Hicks-neutral technological change is equivalent to γ K  = γ L = γ E  = γ M  = 0. However, using British industry data covering the years from 1960 to 1980, Hunt (1986) finds evidence suggesting γ L  < γ E  < γ K . Therefore, in Great Britain at least, technological innovation has been above all labor-saving. It has also been energy-saving, though hardly capital-saving.

This finding gives rise to the question of which factors bring about such a bias to technological change. According to the induced bias hypothesis (see Stoneman 1983, Chap. 4), the direction of the technological change is conditioned by the market, meaning it depends on the development of relative prices. This was first formulated by Hicks (1932, 124f),

A change in the relative prices of the factors of production is itself a spur to invention, and to innovation of a particular kind—directed to economizing the use of a factor which has become relatively expensive.

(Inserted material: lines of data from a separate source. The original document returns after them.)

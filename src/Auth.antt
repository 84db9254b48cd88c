-- ===== src/Auth.antt =====
-- app/bl/services/auth.py and config/settings.py: settings, signed values, tokens and sessions.
pub mod Settings
pub mod Numbers
pub mod Signed
pub mod Keys
pub mod Claims
pub mod Completed
pub mod Token
pub mod Accepted
pub mod Verified
pub mod Request
pub mod Session
pub mod Login
pub mod Tests
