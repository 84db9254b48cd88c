-- ===== src/Auth/Numbers.antt =====
-- How Python compares the numbers of a JSON document: an int, a float or a bool, exactly.
use Prim.Native.Nat.{◌^◌}
use network_gateway_api.Prelude.{ℕ, ◌*◌, ◌+◌, ◌-◌, Bool, true, false, not, leb, if◌then◌else◌}
use network_gateway_api.Prelude.Int.{ℤ, pos, negsuc, Float, dyadic, infinite, nan}
use network_gateway_api.Value.{Value, bool, int, float}

abbrev int_leb : ℤ → ℤ → Bool
int_leb (pos a) (pos b) = leb a b
int_leb (pos a) (negsuc b) = false
int_leb (negsuc a) (pos b) = true
int_leb (negsuc a) (negsuc b) = leb b a

-- By a factor that is not 0
abbrev scaled : ℤ → ℕ → ℤ
scaled (pos m) factor = pos (m * factor)
scaled (negsuc m) factor = negsuc ((m + 1) * factor - 1)

-- `x <= y`; a comparison with `nan` is false.
abbrev pub float_leb : Float → Float → Bool
float_leb nan y = false
float_leb x nan = false
float_leb (infinite true) y = true
float_leb (infinite false) (infinite negative) = not negative
float_leb (infinite false) (dyadic n j) = false
float_leb (dyadic m k) (infinite negative) = not negative
float_leb (dyadic m k) (dyadic n j) = int_leb (scaled m (2 ^ j)) (scaled n (2 ^ k))

-- `x < y`
abbrev pub float_ltb : Float → Float → Bool
float_ltb nan y = false
float_ltb x nan = false
float_ltb x y = not (float_leb y x)

pub data Number : Type 0 where
  number : Float → Number
  no_number : Number

-- `isinstance(value, (int, float))`, which a bool is
abbrev pub as_number : Value → Number
as_number (bool b) = number (dyadic (pos (if b then 1 else 0)) 0)
as_number (int i) = number (dyadic i 0)
as_number (float x) = number x
as_number _ = no_number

If the price of the production factor labor increases compared to the cost of other production factors, then labor-saving technological change will come about in due time. In addition to the movement along the isoquant as in Fig. 5.6, a change in the isoquant itself also takes place, which leads to a further substitution of labor even when relative factor prices no longer change.

It can be argued that the oil crises of the 1970s with their twin price shocks have guided innovation efforts towards improved energy efficiency. Interestingly, these efforts continued into the 1990s when relative oil prices were lower again, possibly because of the (expected) scarcity of energy resources and governments aiming at reducing greenhouse gas emissions and supporting energy-efficient investments. Apparently, the price hikes triggered an enduring technological change which has decoupled the demand for energy from economic growth. Quite possibly, this decoupling will be enhanced by the renewed increase in the relative price of oil between 1999 and 2014. Historic case studies show that problem awareness in the energy industry has influenced the direction technological change (see Weizsäcker 1988) as entrepreneurs hope to make a profit by developing energy-saving and environment-friendly technologies and products. These hoped-for innovation gains thus may play an important role in the future demand for energy.